At least an hour after viewing a two - minute video, 200 volunteers were shown a sequential six-person target-present lineup or absent one, or a 48-person target- present or absent one. The presentation of the four lineups was random. No difference was found in either identifications between the two target-present lineups or mistaken choices in the target-absent ones. Since the chance of a mistaken identification with a mistaken choice in the six-person sequential lineup is 1/6=0.17, while the chance in the 48-person lineup is 1/48 =0.02, the 48-person lineup should replace the sequential one.

Keywords: Sequential lineup; 48-person lineup; identifications; mistaken choices; mistaken identifications

Introduction

The lineup is the safest eyewitness identification procedure, because the foils provide some protection to an innocent suspect. However, witnesses often choose someone who is not the culprit [1-4]. When that person is not the suspect, the police know that they have erred. However, in a fair simultaneous lineup by chance these witnesses who choose "identify" a suspect who is innocent 1/N times, where N is the lineup size. With the American lineup size of six, this will happen 1/6=0.167, or almost 17% of the time.

There is a second error that witnesses make undetected by the police: witnesses fail to identify guilty suspects [5]. While a number of lineup procedures have been developed to reduce mistaken identifications [6-9], there are few procedures available to increase correct ones that do not simultaneously increase mistaken ones. Witnesses often have imperfect memory [10] and can then only increase correct identifications if they choose someone in the lineup more often. Doing this increases mistaken ones.

Lindsay and Wells [11] introduced the sequential lineup. In that lineup witnesses view the lineup members one at a time, only once, and the lineup ends when the witness chooses someone. However, while this lineup does indeed decrease mistaken identifications, the cost is actually some decrease in correct ones [12]. With only 36% choices when the target is absent the innocent suspect will be chosen 36/6=6% of the time in the six-person American lineup. This remains too large a danger for an innocent suspect [13].

There is clearly a need for a new lineup which reduces mistaken identifications much more than any that is presently being used, without causing much of a reduction in correct ones. Levi and Lindsay, [14] proposed exploring large lineups that could reduce false identifications if the rate by which witnesses chose someone in target-absent lineups increased less than the increased lineup size. Thus, if a 40-person lineup had the same rate of mistaken choices as the six-person lineup, the number of false identifications would be 57/40=1.04%. This is clearly a very big improvement.

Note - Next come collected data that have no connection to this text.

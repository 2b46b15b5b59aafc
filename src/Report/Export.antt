-- ===== src/Report/Export.antt =====
-- The pie of the dashboard and the export of a graph (dashboard.js, and exportToPNG in
-- dashboard-commons.js, under tools/jmeter/results/*-report/content/js).
use Prim.Native.String.{String, ◌++◌ as append}
use high_performance_e_comme.Common.{ℕ, Bool, true, List, if◌then◌else◌}
use high_performance_e_comme.Report.Table.{Slice, summary_dataset}

-- The options of the pie. Radii are in quarters and the opacity in tenths.
pub record PieLabel : Type 0 where
  pub show : Bool
  pub radius : ℕ
  pub background_opacity : ℕ
  pub background_color : String

pub record PieOptions : Type 0 where
  pub show : Bool
  pub radius : ℕ
  pub label : PieLabel
  pub legend_show : Bool

-- A call of `$.plot` for a pie.
pub record PiePlot : Type 0 where
  pub target : String
  pub dataset : List Slice
  pub options : PieOptions

pub pie_options : PieOptions
pie_options = record {
  show = true;
  radius = 4;
  label = record { show = true; radius = 3; background_opacity = 5; background_color = "#000" };
  legend_show = true;
}

-- The label of a slice: `percent` is the text of `Math.round10(series.percent, -2)`.
pub pie_label : String → String → String
pie_label label percent =
    append "<div style=\"font-size:8pt;text-align:center;padding:2px;color:white;\">"
      (append label (append "<br/>" (append percent "%</div>")))

pub summary_pie : ℕ → ℕ → PiePlot
unfolding pie_options
summary_pie ko_percent ok_percent = record {
  target = "#flot-requests-summary";
  dataset = summary_dataset ko_percent ok_percent;
  options = pie_options;
}

-- What the browser and flot's canvas give: `toDataURL()` of a graph, `replace` of the first
-- occurrence, and whether an `<a>` element has the attribute "download".
pub record Canvas : Type 0 where
  pub data_url : String → String
  pub replace : String → String → String → String
  pub has_download : Bool

pub data Saved : Type 0 where
  downloads : String → String → Saved
  navigates : String → Saved

-- `exportToPNG(graphName, target)`: the link gets a file's name and the image, or the page becomes
-- the image.
pub export_to_png : Canvas → String → Saved
export_to_png c graph_name =
    let image = c.replace "image/png" "image/octet-stream" (c.data_url graph_name) in
    if c.has_download then downloads (append graph_name ".png") image else navigates image
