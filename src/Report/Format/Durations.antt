-- ===== src/Report/Format/Durations.antt =====
-- What `formatDuration` shows of a duration (dashboard-commons.js under
-- tools/jmeter/results/*-report/content/js).
use high_performance_e_comme.Common.{ℕ, ◌+◌, ◌*◌, ◌%◌, ◌<◌, ◌≡◌, ◌↔◌, arith}
use high_performance_e_comme.Report.Format.{DurationParts, duration_parts}

-- The duration that the shown numbers stand for.
abbrev pub shown : DurationParts → ℕ
shown p = p.days * 86400000 + p.hours * 3600000 + p.minutes * 60000 + p.seconds * 1000 + p.millis

-- The shown numbers stand for the duration exactly when its part beyond whole days is below 2.4
-- hours (8640000 ms); and the minutes, seconds and milliseconds are in range.
pub duration_parts-exact_iff :
    (d : ℕ)
    → ((shown (duration_parts d) ≡ d) ↔ (d % 86400000 < 8640000))
      × ((duration_parts d).minutes < 60)
      × ((duration_parts d).seconds < 60)
      × ((duration_parts d).millis < 1000)
unfolding duration_parts
duration_parts-exact_iff d =
    ((λ h. omega arith, λ h. omega arith), omega arith, omega arith, omega arith)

Levi [15-17] has been experimenting with very large lineups, the largest consisting of 120 members. Each lineup consists of 12 photos per screen, such that a 48-person lineup has four screens, a 120-person lineup having ten. The two consistent findings have been that both the number of correct identifications and the amount of choosing when the target is absent (mistaken choices) remains constant and comparable to small lineups even as the lineup grows from 24 to 120 members. The result has been a very large reduction in mistaken identifications at no cost to correct ones. For example, with a typical rate of 50% mistaken choices in the traditional six-person target –absent simultaneous lineup, if the lineup is fair the expected rate of mistaken identifications is 50/6=8.3%. With a large lineup of 48, the same percentage of mistaken choices leads to 50/48=1% mistaken identifications. This rate is also much smaller than achieved with the sequential lineup.

In a further experiment Levi [18] posited another advantage of large lineups. He suggested the possibility that in small simultaneous lineups witnesses were able to use partial memory of the target to discount some of the lineup members. Then, simply by guessing between the remaining ones, they increased their chances greatly of picking the target. He noted that this would not be a true identification of the target, only an educated guess. On the other hand, in a large lineup, even after discounting some lineup members many more would be left. An educated guess would still be between a fairly large numbers of lineup members. Thus, when witnesses chose the target, there would be a far greater chance that they actually had identified him than in a small lineup.

Levi [19] asked witnesses who viewed either a six-person simultaneous or 48-person lineup to count the number of lineup members that they could discount, and found indeed that the remaining ones were a lot less in the six-person lineup. Levi then tentatively concluded that an additional advantage of the 48-person lineup was that we could be a lot more certain that when the target was picked the witness truly identified him, and had not made an educated guess.

A popular rival theory explaining why witnesses choose the target more often in simultaneous lineups than in sequential lineups is the notion of relative judgment [20]. According to this idea witnesses with imperfect memory compare between the lineup members and pick the person who seems most similar to their memory of the target. This conceptualization seems to have been disproven by Levi [21]. In that experiment Levi used an eye tracker [22] for witnesses viewing target-present and target-absent lineups. The conceptualization predicts that witnesses unable to identify the target (who ended up choosing a foil in a target-present lineup, or could not identify him in a target absent lineup because he was absent) would spend a lot of time looking at the all the lineup members as they compared between them. This did not happen. They quickly focused their attention, contrary to the conceptualization and Levi's prediction, on a single lineup member.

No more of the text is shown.